I am using Acer 4920 laptop with Vista Home premium and I am not able to login to any of the sites like gmail,yahoo mail,orkut,facebook,hotmail etc... And I cant use the IM also(Google talk).The error mesage from inernet explorer is "Internet Explorer cannot display the webpage" and From mozilla "Network Timeout" and from chrome "Error 7 (net::ERR_TIMED_OUT): The operation timed out."But i can go to google and such websites.
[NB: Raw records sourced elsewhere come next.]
-- ===== src/Storage/Reads/Tables.antt =====
-- The query reads the table that is written and those of earlier versions.
use scraper.Base.{
  ℕ, zero, suc, ◌+◌, ◌-◌, ◌≤◌, ◌<◌, ◌≡◌, refl, ◌∙◌, ap, subst, ◌⊎◌, inl, inr, Bool, true, false,
  List, [], ◌∷◌, ◌++◌, map, Result, ok, err, Bool-cases, arith, ltb,
}
use scraper.Text.{
  Text, codes, text_eq, is_empty, to_lower, lower_char, trim_space, trim_left, trim_right,
  keep_right, is_space,
}
use scraper.Text.Laws.{trim_space-to_upper, trim_space_idem, to_lower-to_upper}
use scraper.Time.{Time, year, year_begin}
use scraper.Time.Laws.{year_bounds, year_unique, year_mono, year_begin-lt}
use scraper.Storage.Names.{
  normalize_market, normalize_symbol_for_table, normalize_symbol_for_write, build_table_name,
}
use scraper.Storage.Timescale.{funding_rate_table}
use scraper.Storage.Reads.{
  years_from, years_between, build_symbol_year_table_name, build_read_table_names,
  filter_existing_tables, funding_rate_tables, keep_existing,
}

abbrev pub In : {A : Type 0} → A → List A → Type 0
In x [] = ⊥
In x (y ∷ ys) = (y ≡ x) ⊎ In x ys

In-append_left : {A : Type 0} (x : A) (xs ys : List A) → In x xs → In x (xs ++ ys)
In-append_left x [] ys h = absurd h
In-append_left x (z ∷ xs) ys (inl e) = inl e
In-append_left x (z ∷ xs) ys (inr h) = inr (In-append_left x xs ys h)

In-append_right : {A : Type 0} (x : A) (xs ys : List A) → In x ys → In x (xs ++ ys)
In-append_right x [] ys h = h
In-append_right x (z ∷ xs) ys h = inr (In-append_right x xs ys h)

In-map : {A B : Type 0} (f : A → B) (x : A) (xs : List A) → In x xs → In (f x) (map f xs)
In-map f x [] h = absurd h
In-map f x (z ∷ xs) (inl e) = inl (ap f e)
In-map f x (z ∷ xs) (inr h) = inr (In-map f x xs h)

years_from-In : (y n z : ℕ) → y ≤ z → z < y + n → In z (years_from y n)
unfolding years_from
years_from-In y zero z lo hi = absurd (omega arith)
years_from-In y (suc n) z lo hi = elim (Bool-cases (ltb y z)) [
  | inl later ↦ inr (years_from-In (y + 1) n z (ground (arith, later)) (omega arith))
  | inr first ↦ inl (ground (arith, lo, first))
]

-- The years of the times in a range.
pub years_between-In :
    (start_time end_time t : Time)
    → start_time ≤ t
    → t ≤ end_time
    → In (year t) (years_between start_time end_time)
unfolding years_between
years_between-In start_time end_time t lo hi =
    let first : year start_time ≤ year t = year_mono start_time t lo in
    let last : year t ≤ year end_time = year_mono t end_time hi in
    elim (Bool-cases (ltb end_time start_time)) [
      | inl exchanged ↦ absurd (ground (arith, exchanged, lo, hi))
      | inr ordered ↦ rw ordered (
          years_from-In (year start_time) (year end_time + 1 - year start_time) (year t) first
            (omega arith))
    ]

year-year_begin : (t : Time) → year (year_begin (year t)) ≡ year t
year-year_begin t =
    let bounds = year_bounds t in
    year_unique (year_begin (year t)) (year t) bounds.0 (omega arith)
      (year_begin-lt (year t) bounds.0)

keep_existing-In :
    (name n : Text) (names : List Text) (r : Result Text Bool) (rest : Result Text (List Text))
    (existing : List Text)
    → keep_existing n r rest ≡ ok existing
    → (n ≡ name → r ≡ ok true)
    → ((kept : List Text) → rest ≡ ok kept → In name names → In name kept)
    → In name (n ∷ names)
    → In name existing
keep_existing-In name n names (err e) rest existing h here ih i = cc
keep_existing-In name n names (ok false) rest existing h here ih (inl same) =
    absurd (cc (here same))
keep_existing-In name n names (ok false) rest existing h here ih (inr i) = ih existing h i
keep_existing-In name n names (ok true) (err e) existing h here ih i = cc
keep_existing-In name n names (ok true) (ok kept) existing h here ih (inl same) =
    let whole : n ∷ kept ≡ existing = cc h in subst (In name) whole (inl same)
keep_existing-In name n names (ok true) (ok kept) existing h here ih (inr i) =
    let whole : n ∷ kept ≡ existing = cc h in subst (In name) whole (inr (ih kept refl i))

-- A table of the list that has a name and exists is kept.
filter_existing_tables-In :
    (exists : Text → Result Text Bool) (name : Text) (names existing : List Text)
    → filter_existing_tables exists names ≡ ok existing
    → is_empty name ≡ false
    → exists name ≡ ok true
    → In name names
    → In name existing
unfolding filter_existing_tables
filter_existing_tables-In exists name [] existing h named here i = absurd i
filter_existing_tables-In exists name (n ∷ names) existing h named here i =
    let ih : (kept : List Text)
        → filter_existing_tables exists names ≡ ok kept
        → In name names
        → In name kept =
      λ kept k j. filter_existing_tables-In exists name names kept k named here j in
    elim (Bool-cases (is_empty n)) [
      | inr full ↦
          let h' : keep_existing n (exists n) (filter_existing_tables exists names) ≡ ok existing =
            ground (arith, h, full) in
          keep_existing-In name n names (exists n) (filter_existing_tables exists names) existing h'
            (λ same. ap exists same ∙ here) ih i
      | inl blank ↦
          let h' : filter_existing_tables exists names ≡ ok existing = ground (arith, h, blank) in
          elim i [ inr j ↦ ih existing h' j | inl same ↦ absurd (cc (same, blank, named)) ]
    ]

is_empty-append : (s : Text) (c : ℕ) (t : Text) → is_empty (s ++ (c ∷ t)) ≡ false
unfolding is_empty
is_empty-append [] c t = refl
is_empty-append (a ∷ s) c t = refl

futures_normal : normalize_market (codes "futures") ≡ codes "futures"
unfolding normalize_market to_lower lower_char trim_space trim_left trim_right keep_right is_space
    text_eq
futures_normal = refl

written_symbol :
    (symbol : Text)
    → normalize_symbol_for_table (normalize_symbol_for_write symbol)
      ≡ normalize_symbol_for_table symbol
unfolding normalize_symbol_for_table normalize_symbol_for_write
written_symbol symbol = simp (trim_space-to_upper, trim_space_idem, to_lower-to_upper)

-- The names for a symbol and for its normal form are one.
funding_rate_table-written :
    (symbol : Text)
    → build_table_name (normalize_market (codes "futures")) (codes "funding_rates") symbol []
      ≡ funding_rate_table symbol
unfolding build_table_name
funding_rate_table-written symbol =
    ap (λ m. build_table_name m (codes "funding_rates") symbol []) futures_normal
    ∙ rw (written_symbol symbol) refl

-- A name has a character.
funding_rate_table-named : (symbol : Text) → is_empty (funding_rate_table symbol) ≡ false
unfolding build_table_name text_eq
funding_rate_table-named symbol = rw futures_normal (unfold is_empty in refl)

legacy_named :
    (symbol : Text) (t : Time)
    → is_empty (build_symbol_year_table_name (codes "futures") (codes "funding_rates") symbol t)
      ≡ false
unfolding build_symbol_year_table_name
legacy_named symbol t = rw futures_normal (unfold is_empty in refl)

-- The tables of the query, from a time in its range.
legacy-In :
    (symbol : Text) (start_time end_time t : Time)
    → start_time ≤ t
    → t ≤ end_time
    → In (build_symbol_year_table_name (codes "futures") (codes "funding_rates") symbol t) (
        build_read_table_names (codes "futures") (codes "funding_rates") symbol start_time end_time)
unfolding build_read_table_names build_symbol_year_table_name
legacy-In symbol start_time end_time t lo hi =
    let at : ℕ → Text = λ y.
      build_symbol_year_table_name (normalize_market (codes "futures")) (codes "funding_rates")
        symbol (year_begin y) in
    let same : at (year t)
        ≡ build_symbol_year_table_name (codes "futures") (codes "funding_rates") symbol t =
      ap (λ m. build_symbol_year_table_name m (codes "funding_rates") symbol (year_begin (year t)))
        futures_normal
      ∙ rw (year-year_begin t) refl in
    inr (
      In-append_left _ (map at (years_between start_time end_time)) _ (
        subst (λ name. In name (map at (years_between start_time end_time))) same
          (In-map at (year t) (years_between start_time end_time)
            (years_between-In start_time end_time t lo hi))))

-- If the query of the funding rates of a symbol in a range can find its tables, it reads, of those that
-- exist, the table into which the rates of this symbol are written, and for each time of the range the
-- table in which an earlier version kept the rates of that year.
pub funding_rate_tables-In :
    (exists : Text → Result Text Bool) (symbol : Text) (start_time end_time t : Time)
    (names : List Text)
    → funding_rate_tables exists symbol start_time end_time ≡ ok names
    → start_time ≤ t
    → t ≤ end_time
    → let earlier =
        build_symbol_year_table_name (codes "futures") (codes "funding_rates") symbol t in
      (exists (funding_rate_table symbol) ≡ ok true → In (funding_rate_table symbol) names)
      × (exists earlier ≡ ok true → In earlier names)
unfolding funding_rate_tables
funding_rate_tables-In exists symbol start_time end_time t names h lo hi =
    let candidates =
      build_read_table_names (codes "futures") (codes "funding_rates") symbol start_time end_time in
    (
      λ e.
          filter_existing_tables-In exists (funding_rate_table symbol) candidates names h
            (funding_rate_table-named symbol) e
            (unfold build_read_table_names in inl (funding_rate_table-written symbol)),
      λ e.
          filter_existing_tables-In exists _ candidates names h (legacy_named symbol t) e
            (legacy-In symbol start_time end_time t lo hi),
    )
I have tried all ways like reseting Internet explorer,tried in mozilla and google chrome,system restore to the factory settings,uninstalling windows updates,removing McAfee,turned of windows firewall,turned of user account control,safe mode,cleanboot with microsoft services and I even tried formatting my c drive an reloaded vista...still no good...I checked the proxy setings also.. it is configured to obtain ip addres automatically... I conatced my ISP and they didnt help.....And I checked the host file also....Some thing from my computr is blocking it.....I suspect it is something related to the network configurarion....And am not very good with that......Am really fed up with the issue.. can anyone help me please....
Thanks Shaheer...


----------



## shaheer41 (Jun 5, 2009)

*Re: Unable to get in to secure websites...*

Thank god...the problem is fixed....
I checked another computer with the same modem and I wondered still I am having the same issue....I called my ISP and they send me a techie to me and he found that my modem was a faulty one....He replaced it and every thing is working fine now... I have spend two entire days with this issue......The techie is a million worth to me now.....
Thanks Shaheer...


----------



## koala (Mar 27, 2005)

*Re: Unable to get in to secure websites...*

Thanks for posting your solution. I'll mark this thread as solved. :smile:


----------